Здесь, на высоком песчаном берегу, возвышалось старинное село Спас-на-Сози. Мы увидели чудесную древнюю шатровую церковь, о которой когда-то мне рассказывал побывавший здесь молодой предприимчивый художник. Забытая древняя церковь срублена из толстых сосновых бревен без единого гвоздя. В церкви не было икон и украшений, но даже по немногочисленным уцелевшим предметам, по железному узорчатому замку, по столбикам разоренного иконостаса можно было видеть, каким высоким художественным вкусом обладали наши прадеды, обитавшие некогда на тверской земле.
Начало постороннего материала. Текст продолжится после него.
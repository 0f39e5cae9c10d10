-- ===== src/Tests/Mdns.antt =====
-- The mDNS service.
use wlr_remote.Base.{
  Bytes, ◌++◌, sym, arith, Bool, true, false, some, ◌==◌, ◌≡◌, ◌≤◌, refl, none, [], ◌∷◌, length,
  pos,
}
use wlr_remote.Pointer.{codes}
use wlr_remote.System.Types.{MdnsString, Query, question, allocated}
use wlr_remote.Advertise.Types.{Service, new_service, zero_addr, InterfaceAddrs, string_const}
use wlr_remote.Advertise.Interfaces.{get_interfaces}
use wlr_remote.Advertise.Interfaces.First.{
  first, is_found, found_or, is_reachable_v6, is_v4, get_interfaces-first,
}
use wlr_remote.Advertise.Records.{create_mdns_records, build_additional, recordtype_ptr}
use wlr_remote.Advertise.Records.Additional.{additional_capacity, build_additional-companions}
use wlr_remote.Advertise.Respond.{string_equals, strncmp_eq}
use wlr_remote.Advertise.Respond.Table.{answer_of}
use wlr_remote.Libc.Text.{strlen}
use wlr_remote.System.Event.{Trace}
use wlr_remote.Advertise.Strings.{
  create_service_strings, with_hostname, create_service_instance, create_qualified_hostname,
  allocate,
}
use wlr_remote.Advertise.Strings.Names.{HostnameLaws, IsNamed, create_service_strings-IsNamed}
use wlr_remote.Advertise.Service.{advertise_create_service}
use wlr_remote.System.Env.{Env}
use wlr_remote.Advertise.Service.{advertise_setup_epoll}
use wlr_remote.Advertise.Service.Held.{IsHolder}
use wlr_remote.Advertise.Service.Holder.{advertise_create_service-IsHolder}
use wlr_remote.Advertise.Service.Watched.{advertise_setup_epoll-watched}
use wlr_remote.Advertise.Respond.{advertise_respond_request}
use wlr_remote.Advertise.Respond.All.{all_sent, advertise_respond_request-all_sent}
use wlr_remote.Network.Epoll.{add_socket, epoll_ctl_add, watched, socket_list}
use wlr_remote.Tests.World.{peer, world, interfaces, any_v4}

abbrev no_addrs : InterfaceAddrs
no_addrs = record { v4 = zero_addr; v6 = zero_addr }

abbrev instance_name : MdnsString
instance_name = string_const (codes "desk._wlr-remote._udp.local.")

-- A service on one IPv4 address.
abbrev desk : Service
desk = record (new_service (allocated 1) 39076) {
  service_name = string_const (codes "_wlr-remote._udp.local.");
  hostname = string_const (codes "desk");
  service_instance = instance_name;
  qualified_hostname = string_const (codes "desk.local.");
  addrs = record { v4 = any_v4; v6 = zero_addr };
}

-- A question for all that there is about the instance.
abbrev about_instance : Query
about_instance = record {
  entry = question;
  from = peer;
  query_id = 0;
  rtype = 255;
  rclass = 32769;
  payload = instance_name.text;
  name_offset = 0;
}

get_interfaces-first_example : (get_interfaces world no_addrs []).0 ≡ (
  record {
    v4 = found_or (first (is_v4 world) interfaces) zero_addr;
    v6 = found_or (first (is_reachable_v6 world) interfaces) zero_addr;
  },
  record {
    v4 = is_found (first (is_v4 world) interfaces);
    v6 = is_found (first (is_reachable_v6 world) interfaces);
  },
)
get_interfaces-first_example = get_interfaces-first world interfaces no_addrs [] refl

build_additional-companions_example :
    (build_additional desk recordtype_ptr []
      ≡ (desk.record_srv ∷ desk.record_a ∷ desk.record_txt ∷ [], []))
    × (length (build_additional desk recordtype_ptr []).0 ≤ additional_capacity)
build_additional-companions_example = build_additional-companions desk recordtype_ptr []

-- The instance's question is answered with its SRV record and two more.
abbrev answered : Bool
answered = elim (answer_of world desk (pos 4) about_instance []) [
  | none ↦ false
  | some r ↦ length r.1 == 2
]

answered_runs : answered ≡ true
unfolding string_equals strncmp_eq create_mdns_records
answered_runs = refl

world-HostnameLaws : HostnameLaws world
unfolding strlen
world-HostnameLaws = record {
  hostname_fits =
      λ t h e. let same : codes "desk" ++ 0 ∷ [] ≡ h = cc in rw (sym same) (omega arith);
}

strings_made : (create_service_strings world desk []).0.0 ≡ true
unfolding create_service_strings with_hostname create_service_instance create_qualified_hostname
    allocate
strings_made = refl

create_service_strings-IsNamed_example :
    (u : Trace) × (h : Bytes) × (world.gethostname u ≡ some h)
    × IsNamed h (create_service_strings world desk []).0.1
create_service_strings-IsNamed_example =
    create_service_strings-IsNamed world world-HostnameLaws desk [] strings_made

advertise_create_service-IsHolder_example : IsHolder 3 [] (advertise_create_service world 39076 [])
advertise_create_service-IsHolder_example = advertise_create_service-IsHolder 3 world 39076 []

-- A peer has asked about the instance twice.
abbrev asking : Env
asking = record world { mdns_queries = λ t fd buffer size. about_instance ∷ about_instance ∷ [] }

advertise_respond_request-all_sent_example :
    (advertise_respond_request asking (create_mdns_records desk) (pos 4) []).1
    ≡ all_sent asking desk (pos 4) (about_instance ∷ about_instance ∷ []) []
advertise_respond_request-all_sent_example =
    advertise_respond_request-all_sent asking desk (pos 4) []

-- The service with both of its sockets.
abbrev desk_open : Service
desk_open = record desk { socks = record { v4 = pos 4; v6 = pos 5 } }

desk_added : (advertise_setup_epoll world desk_open (pos 3) []).0 ≡ true
unfolding advertise_setup_epoll add_socket epoll_ctl_add
desk_added = refl

desk_watched :
    watched (pos 3) (advertise_setup_epoll world desk_open (pos 3) []).1
    ≡ socket_list (pos 5) ++ (socket_list (pos 4) ++ [])
desk_watched = advertise_setup_epoll-watched world desk_open (pos 3) [] desk_added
От старинного тихого села Спаса-на-Сози, попрощавшись с провожавшими нас людьми, мы с Александром Трифоновичем отправились пешком в сторону Волги. Это было торопливое пешеходное путешествие. Мы шли по грунтовым пыльным дорогам, среди цветущих колхозных полей. На пути изредка нам встречались небольшие деревни. В стороне от дорог текла извилистая, заросшая кустарниками река Созь. Попутчиков не было. Мы шли, не присаживаясь и не отдыхая, поспешая к катеру, который отходил вечером от фабричного поселка «Первое Мая» в устье реки Созь.
К вечеру мы добрались до людного поселка. Мы едва поспели к отходу катера, стоявшего у пристани завода. Необыкновенное путешествие наше кончалось. Мы устроились на катере, наполненном заводскими и городскими людьми, вернулись в обычную шумную жизнь. Утром на рассвете мы прибыли в Карачарово.
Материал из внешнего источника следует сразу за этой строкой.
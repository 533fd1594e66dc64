-- ===== src/Reply/Wire.antt =====
-- reply_builder.hh: the bytes of each reply, in the Redis protocol. The printers of numbers are
-- seastar's `to_sstring` and are parameters.
use Prim.Native.Char.{code}
use Prim.Native.String.{String}
use pedis.Base.{ℕ, ◌*◌, Bool, Option, none, some, List, [], ◌∷◌, ◌++◌, length, ◌&&◌, if◌then◌else◌}
use pedis.Base.Bytes.{Bytes}
use pedis.DictLsa.{DictValue, DictEntry}
use pedis.SsetLsa.{SsetEntry}
use pedis.Cache.{Value}
use pedis.Reply.{Message, Reply}

-- The characters of an ASCII text.
abbrev pub codes : String → Bytes
codes String.[] = []
codes (String.◌∷◌ c s) = code c ∷ codes s

-- `to_sstring` of a `size_t`, an `int64_t` bit pattern and a `double`
pub record Printer (F : Type 0) : Type 0 where
  pub size : ℕ → Bytes
  pub integer : ℕ → Bytes
  pub double : F → Bytes

-- msg_crlf
abbrev pub crlf : Bytes
crlf = 13 ∷ 10 ∷ []

unfoldable pub message_text : Message → Bytes
message_text Message.ok = codes "+OK" ++ crlf
message_text Message.pong = codes "+PONG" ++ crlf
message_text Message.err = codes "-ERR" ++ crlf
message_text Message.zero = codes ":0" ++ crlf
message_text Message.one = codes ":1" ++ crlf
message_text Message.neg_one = codes ":-1" ++ crlf
message_text Message.neg_two = codes ":-2" ++ crlf
message_text Message.nil = codes "+(nil)" ++ crlf
message_text Message.type_none = codes "+none" ++ crlf
message_text Message.type_err =
    codes "-WRONGTYPE Operation against a key holding the wrong kind of value" ++ crlf
message_text Message.nokey_err = codes "-ERR no such key" ++ crlf
message_text Message.syntax_err = codes "-ERR syntax error" ++ crlf
message_text Message.out_of_range_err = codes "-ERR index out of range" ++ crlf
message_text Message.not_integer_err = codes "-ERR ERR hash value is not an integer" ++ crlf
message_text Message.not_float_err = codes "-ERR ERR hash value is not an float" ++ crlf

-- The loop over the entries of a batch.
unfoldable pub each : {A : Type 0} → (A → Bytes) → List A → Bytes
each f [] = []
each f (x ∷ l) = f x ++ each f l

module _ {F : Type 0} (P : Printer F) where
  -- The size, the text and their line ends, without the tag `$`.
  unfoldable pub counted : Bytes → Bytes
  counted b = P.size (length b) ++ (crlf ++ (b ++ crlf))

  -- `build(const managed_bytes&)`, and each part of a batch
  unfoldable pub bulk_text : Bytes → Bytes
  unfolding counted
  bulk_text b = b'$' ∷ counted b

  unfoldable pub size_text : ℕ → Bytes
  size_text n = b':' ∷ (P.size n ++ crlf)

  unfoldable pub header_text : ℕ → Bytes
  header_text n = b'*' ∷ (P.size n ++ crlf)

  -- `build<false, true>(const cache_entry*)`
  unfoldable pub entry_text : Option (Value F) → Bytes
  unfolding bulk_text message_text
  entry_text none = message_text Message.nil
  entry_text (some (Value.int64 n)) = bulk_text (P.integer n)
  entry_text (some (Value.numeric x)) = bulk_text (P.double x)
  entry_text (some (Value.bytes b)) = bulk_text b
  entry_text (some _) = b'$' ∷ message_text Message.type_err

  -- `build<false, true>(const dict_entry*)`: only bytes are sent with the tag.
  unfoldable pub field_text : Option (DictEntry F) → Bytes
  unfolding bulk_text counted message_text
  field_text none = message_text Message.nil
  field_text (some e) = elim e.value [
    | DictValue.bytes b ↦ bulk_text b
    | DictValue.unset ↦ bulk_text []
    | DictValue.integer n ↦ counted (P.integer n)
    | DictValue.float x ↦ counted (P.double x)
  ]

  -- The parts of one entry in `build<Key, Value>(entries)`.
  unfoldable pub field_parts : Bool → Bool → Option (DictEntry F) → Bytes
  unfolding bulk_text message_text
  field_parts keys values none =
      (if keys then message_text Message.nil else [])
      ++ (if values then message_text Message.nil else [])
  field_parts keys values (some e) =
      let value_text : Bytes = elim e.value [
        | DictValue.bytes b ↦ bulk_text b
        | DictValue.unset ↦ bulk_text []
        | DictValue.integer n ↦ bulk_text (P.integer n)
        | DictValue.float x ↦ bulk_text (P.double x)
      ] in
      (if keys then bulk_text e.key else []) ++ (if values then value_text else [])

  unfoldable pub fields_text : Bool → Bool → List (Option (DictEntry F)) → Bytes
  unfolding header_text field_parts each message_text
  fields_text keys values [] = message_text Message.nil
  fields_text keys values (e ∷ l) =
      let n = length (e ∷ l) in
      header_text (if keys && values then n * 2 else n) ++ each (field_parts keys values) (e ∷ l)

  unfoldable pub scored_text : List (SsetEntry F) → Bool → Bytes
  unfolding header_text bulk_text each message_text
  scored_text [] with_score = message_text Message.nil
  scored_text (e ∷ l) with_score =
      let n = length (e ∷ l) in
      header_text (if with_score then n * 2 else n)
      ++ each (λ x. bulk_text x.key ++ (if with_score then bulk_text (P.double x.score) else []))
          (e ∷ l)

  -- The overloads of `build`.
  unfoldable pub build : Reply F → Bytes
  unfolding message_text size_text bulk_text entry_text field_text fields_text header_text each
      scored_text
  build (Reply.message m) = message_text m
  build (Reply.text b) = b
  build (Reply.size n) = size_text n
  build (Reply.double x) = bulk_text (P.double x)
  build (Reply.entry v) = entry_text v
  build (Reply.field e) = field_text e
  build (Reply.fields keys values l) = fields_text keys values l
  build (Reply.bulk b) = bulk_text b
  build (Reply.bulks l) = header_text (length l) ++ each bulk_text l
  build (Reply.scored l with_score) = scored_text l with_score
Что добавить к описанию нашего путешествия на Петровские озера? Разве то, что наш шафер Саша, которому было строго наказано немедленно пригнать машину, пропал. Мы ждали его день, другой, третий и четвертый. Возникло опасение, что с Сашей в дороге что-то случилось. Особенно волновалась жена Саши. Ей казалось, что Саша утонул на Петровских озерах. На четвертый день Саша явился. Оказалось, он загулял на свадьбе. Мы очень обрадовались приезду Саши и с ним расцеловались. Этим и кончилось наше короткое путешествие на Петровские озера.
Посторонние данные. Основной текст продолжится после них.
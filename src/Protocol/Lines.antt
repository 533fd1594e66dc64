-- ===== src/Protocol/Lines.antt =====
-- The lines of a request in the wire format, and what the rounds of `parse` make of them.
use pedis.Base.{
  ℕ, suc, ◌+◌, ◌≤◌, ◌<◌, ◌≡◌, ◌≢◌, refl, ap, ◌∙◌, Bool, true, [], ◌∷◌, ◌++◌, arith, length,
  length-append, drop, take,
}
use pedis.Base.Int.{ℤ, pos}
use pedis.Base.Bytes.{Bytes}
use pedis.Reply.Wire.{crlf}
use pedis.Protocol
use pedis.Protocol.{Request, Parsed, Next}
use pedis.Protocol.Progress.{after, parse_loop-after, parse_loop-fuel}

-- Decimal digits only.
abbrev pub IsDigits : Bytes → Type 0
IsDigits [] = Unit
IsDigits (c ∷ s) = (Protocol.is_digit c ≡ true) × IsDigits s

-- Decimal digits, and `atoi` up to the first byte that is none.
pub record Decimal (atoi : Bytes → ℤ) : Type 0 where
  pub digits : ℕ → Bytes
  pub digits-IsDigits : (n : ℕ) → IsDigits (digits n)
  pub atoi-digits : (n : ℕ) (rest : Bytes) → atoi (digits n ++ (13 ∷ rest)) ≡ pos n

look-plain : (c : ℕ) (t : Bytes) → c ≢ 13 → Protocol.look (c ∷ t) ≡ Protocol.Look.other t
unfolding Protocol.look
look-plain c [] h = ground (arith, h)
look-plain c (d ∷ t) h = ground (arith, h)

pub find-digits :
    (end : ℕ) (d rest : Bytes)
    → IsDigits d
    → end ≤ length rest
    → Protocol.find_first_nonnumeric end (d ++ (13 ∷ rest)) ≡ 13 ∷ rest
unfolding Protocol.find_first_nonnumeric
find-digits end [] rest p h = refl
find-digits end (c ∷ d) rest p h =
    ground (arith, find-digits end d rest p.1 h, length-append d (13 ∷ rest))

pub take-append : (text rest : Bytes) → take (length text) (text ++ rest) ≡ text
take-append [] rest = refl
take-append (c ∷ text) rest = ap (λ r. c ∷ r) (take-append text rest)

pub drop-append : (text rest : Bytes) → drop (length text + 2) (text ++ (crlf ++ rest)) ≡ rest
drop-append [] rest = refl
drop-append (c ∷ text) rest =
    let shift : length (c ∷ text) + 2 ≡ suc (length text + 2) = omega arith in
    ap (λ n. drop n (c ∷ (text ++ (crlf ++ rest)))) shift ∙ drop-append text rest

module _ (atoi : Bytes → ℤ) where
  -- The loop with rounds enough.
  abbrev pub run : Bool → Bytes → Bytes → Request → Parsed
  run named begin s r = Protocol.parse_loop atoi (suc (length s)) named begin s r

  pub run-go :
      (named named' : Bool) (begin begin' s s' : Bytes) (r r' : Request)
      → Protocol.step atoi named begin s r ≡ Next.go named' begin' s' r'
      → length s' < length s
      → run named begin s r ≡ run named' begin' s' r'
  unfolding after
  run-go named named' begin begin' s s' r r' e h =
      parse_loop-after atoi (length s) named begin s r
      ∙ ap (after atoi (length s)) e
      ∙ parse_loop-fuel atoi (length s) (suc (length s')) named' begin' s' r' h (omega arith)

  pub run-stop :
      (named : Bool) (begin s : Bytes) (r : Request) (p : Parsed)
      → Protocol.step atoi named begin s r ≡ Next.stop p
      → run named begin s r ≡ p
  unfolding after
  run-stop named begin s r p e =
      parse_loop-after atoi (length s) named begin s r ∙ ap (after atoi (length s)) e

  step-plain :
      (named : Bool) (begin : Bytes) (c : ℕ) (t : Bytes) (r : Request)
      → c ≢ 32
      → c ≢ 13
      → 0 < length t
      → Protocol.step atoi named begin (c ∷ t) r ≡ Next.go named begin t r
  unfolding Protocol.step Protocol.skip_spaces
  step-plain named begin c t r h k l = ground (arith, h, k, l, look-plain c t k)

  pub step-line :
      (named : Bool) (begin rest : Bytes) (r : Request)
      → Protocol.step atoi named begin (crlf ++ rest) r
        ≡ Protocol.at_line_end atoi named begin rest r
  unfolding Protocol.step Protocol.skip_spaces Protocol.look
  step-line named begin rest r = ground arith

  -- The search for a line end passes over digits.
  run-digits :
      (named : Bool) (begin d rest : Bytes) (r : Request)
      → IsDigits d
      → run named begin (d ++ (crlf ++ rest)) r ≡ run named begin (crlf ++ rest) r
  run-digits named begin [] rest r p = refl
  run-digits named begin (c ∷ d) rest r p =
      let t = d ++ (crlf ++ rest) in
      let l = length-append d (crlf ++ rest) in
      run-go named named begin begin (c ∷ t) t r r
        (step-plain named begin c t r (λ q. ground (arith, p.0, q)) (λ q. ground (arith, p.0, q))
          (omega (arith, l)))
        (omega arith)
      ∙ run-digits named begin d rest r p.1

  -- A line of a tag and a number.
  pub run-line :
      (named : Bool) (tag : ℕ) (d rest : Bytes) (r : Request) (begin : Bytes)
      → tag ≢ 32
      → tag ≢ 13
      → IsDigits d
      → run named begin (tag ∷ (d ++ (crlf ++ rest))) r ≡ run named begin (crlf ++ rest) r
  run-line named tag d rest r begin h k p =
      let t = d ++ (crlf ++ rest) in
      let l = length-append d (crlf ++ rest) in
      run-go named named begin begin (tag ∷ t) t r r
        (step-plain named begin tag t r h k (omega (arith, l))) (omega arith)
      ∙ run-digits named begin d rest r p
Наша совместная поездка надолго осталась в памяти Александра Трифоновича, и в своих письмах он не раз поминал о ней:
«Дорогой Иван Сергеевич! Вот я уже который день дома (мои переехали в город – Оля пошла в школу), а все еще живу близкой и приятной памятью наших с Вами карачаровских прогулок, уховарений, лучше сказать, ухоедений, разговоров и пр. Верно, я с очень хорошим чувством вспоминаю все то время, особенно нашу поездку, жаль, конечно, что все проходит на этом свете и не может не проходить. Я на даче, но приезжаю в Москву. А если меня и не будет, то моя машина привезет Вас сюда. Ухи, может быть, и не будет, просто сказать – рыбы такой нет, но что-нибудь найдется же. Но я не этим Вас завлекаю, а сердечно желаю видеть Вас у себя и чтоб Вам было хоть вполовину того, как мне у Вас, хорошо и свободно...»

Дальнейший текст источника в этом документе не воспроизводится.